EXERCISE BRIEF: Go through the entries below and copy each line containing the word "Bool".

[DATA SECTION — start]

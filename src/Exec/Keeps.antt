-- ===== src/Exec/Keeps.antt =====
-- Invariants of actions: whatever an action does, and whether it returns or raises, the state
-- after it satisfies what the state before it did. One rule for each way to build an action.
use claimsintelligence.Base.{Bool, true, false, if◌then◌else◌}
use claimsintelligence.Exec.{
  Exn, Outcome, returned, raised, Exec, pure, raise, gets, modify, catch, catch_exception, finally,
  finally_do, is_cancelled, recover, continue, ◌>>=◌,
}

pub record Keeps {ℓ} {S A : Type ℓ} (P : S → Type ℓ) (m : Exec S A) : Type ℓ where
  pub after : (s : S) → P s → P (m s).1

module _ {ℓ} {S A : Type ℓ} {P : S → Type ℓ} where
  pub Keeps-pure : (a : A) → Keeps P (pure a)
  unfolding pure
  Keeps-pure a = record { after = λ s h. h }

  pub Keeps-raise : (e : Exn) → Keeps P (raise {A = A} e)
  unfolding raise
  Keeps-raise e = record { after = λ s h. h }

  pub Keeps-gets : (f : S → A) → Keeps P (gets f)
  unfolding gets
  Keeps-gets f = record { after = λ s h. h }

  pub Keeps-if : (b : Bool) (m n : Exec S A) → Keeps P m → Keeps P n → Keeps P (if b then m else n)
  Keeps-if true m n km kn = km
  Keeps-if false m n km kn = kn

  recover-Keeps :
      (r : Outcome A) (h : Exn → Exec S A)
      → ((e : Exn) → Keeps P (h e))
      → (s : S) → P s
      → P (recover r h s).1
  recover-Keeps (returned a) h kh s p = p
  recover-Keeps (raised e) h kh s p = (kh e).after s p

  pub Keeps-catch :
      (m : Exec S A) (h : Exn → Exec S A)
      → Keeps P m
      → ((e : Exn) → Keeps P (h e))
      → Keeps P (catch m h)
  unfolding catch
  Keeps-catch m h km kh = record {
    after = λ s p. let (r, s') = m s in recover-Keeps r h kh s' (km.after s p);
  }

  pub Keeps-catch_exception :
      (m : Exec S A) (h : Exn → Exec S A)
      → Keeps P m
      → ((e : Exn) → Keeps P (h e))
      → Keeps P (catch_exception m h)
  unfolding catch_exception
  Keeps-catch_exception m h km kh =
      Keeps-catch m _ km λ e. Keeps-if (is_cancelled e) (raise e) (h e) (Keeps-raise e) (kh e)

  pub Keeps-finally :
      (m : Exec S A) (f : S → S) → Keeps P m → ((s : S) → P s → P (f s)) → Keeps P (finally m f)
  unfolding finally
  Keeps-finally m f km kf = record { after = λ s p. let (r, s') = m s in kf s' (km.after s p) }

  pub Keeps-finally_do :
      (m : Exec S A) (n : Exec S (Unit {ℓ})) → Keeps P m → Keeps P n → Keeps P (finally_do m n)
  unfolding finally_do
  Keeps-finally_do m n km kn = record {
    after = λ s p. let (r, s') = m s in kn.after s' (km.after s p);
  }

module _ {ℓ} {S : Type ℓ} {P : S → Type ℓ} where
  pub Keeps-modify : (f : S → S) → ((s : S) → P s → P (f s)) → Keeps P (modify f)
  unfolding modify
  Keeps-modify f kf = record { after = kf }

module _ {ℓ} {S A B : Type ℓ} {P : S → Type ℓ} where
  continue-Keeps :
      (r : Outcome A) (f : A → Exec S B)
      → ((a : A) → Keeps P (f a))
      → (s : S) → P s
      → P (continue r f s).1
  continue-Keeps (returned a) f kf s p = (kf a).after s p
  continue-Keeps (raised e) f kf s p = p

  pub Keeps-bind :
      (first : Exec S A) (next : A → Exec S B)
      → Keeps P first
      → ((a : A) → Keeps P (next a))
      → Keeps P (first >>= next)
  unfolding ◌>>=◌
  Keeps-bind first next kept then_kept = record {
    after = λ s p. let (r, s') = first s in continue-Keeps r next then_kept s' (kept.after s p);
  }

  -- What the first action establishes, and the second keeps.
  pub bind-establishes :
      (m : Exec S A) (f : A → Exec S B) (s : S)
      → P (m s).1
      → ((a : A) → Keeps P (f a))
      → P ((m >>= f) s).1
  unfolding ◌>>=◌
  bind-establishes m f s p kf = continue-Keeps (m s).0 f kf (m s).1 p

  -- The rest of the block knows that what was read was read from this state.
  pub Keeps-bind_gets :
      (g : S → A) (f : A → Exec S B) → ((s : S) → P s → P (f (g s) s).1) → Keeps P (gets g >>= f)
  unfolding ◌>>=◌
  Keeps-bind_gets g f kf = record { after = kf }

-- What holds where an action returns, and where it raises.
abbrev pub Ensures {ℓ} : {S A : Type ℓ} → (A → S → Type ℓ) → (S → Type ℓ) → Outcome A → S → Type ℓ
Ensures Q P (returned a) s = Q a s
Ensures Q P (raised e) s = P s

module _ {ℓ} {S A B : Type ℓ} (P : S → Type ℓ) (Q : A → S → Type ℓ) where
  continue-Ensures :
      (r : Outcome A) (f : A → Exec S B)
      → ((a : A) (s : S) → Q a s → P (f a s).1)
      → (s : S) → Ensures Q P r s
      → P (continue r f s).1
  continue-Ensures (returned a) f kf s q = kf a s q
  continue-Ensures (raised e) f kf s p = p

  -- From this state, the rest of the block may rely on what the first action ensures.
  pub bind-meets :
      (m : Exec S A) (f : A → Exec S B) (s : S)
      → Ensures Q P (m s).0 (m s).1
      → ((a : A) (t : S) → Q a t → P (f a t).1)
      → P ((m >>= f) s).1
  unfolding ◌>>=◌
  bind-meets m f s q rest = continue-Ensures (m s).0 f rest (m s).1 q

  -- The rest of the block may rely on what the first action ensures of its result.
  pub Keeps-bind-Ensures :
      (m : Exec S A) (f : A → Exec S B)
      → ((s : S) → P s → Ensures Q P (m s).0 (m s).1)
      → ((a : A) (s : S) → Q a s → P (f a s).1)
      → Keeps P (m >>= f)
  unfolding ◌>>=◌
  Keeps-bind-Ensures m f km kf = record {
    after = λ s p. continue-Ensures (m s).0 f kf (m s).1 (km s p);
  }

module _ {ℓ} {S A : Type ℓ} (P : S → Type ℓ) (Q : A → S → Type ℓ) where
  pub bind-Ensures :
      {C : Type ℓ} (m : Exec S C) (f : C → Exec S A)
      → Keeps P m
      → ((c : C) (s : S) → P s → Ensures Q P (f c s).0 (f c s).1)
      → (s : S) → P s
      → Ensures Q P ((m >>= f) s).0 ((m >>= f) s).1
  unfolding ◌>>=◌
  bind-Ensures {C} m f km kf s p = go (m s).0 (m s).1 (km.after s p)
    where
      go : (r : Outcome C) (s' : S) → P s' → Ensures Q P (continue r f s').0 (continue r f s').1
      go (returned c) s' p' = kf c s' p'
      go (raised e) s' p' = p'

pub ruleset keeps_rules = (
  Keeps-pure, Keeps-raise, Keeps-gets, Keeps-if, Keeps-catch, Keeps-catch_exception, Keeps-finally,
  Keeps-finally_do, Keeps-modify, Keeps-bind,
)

[DATA SECTION — finish]

ANSWER SECTION:
use claimsintelligence.Base.{Bool, true, false, if◌then◌else◌}
  pub Keeps-if : (b : Bool) (m n : Exec S A) → Keeps P m → Keeps P n → Keeps P (if b then m else n)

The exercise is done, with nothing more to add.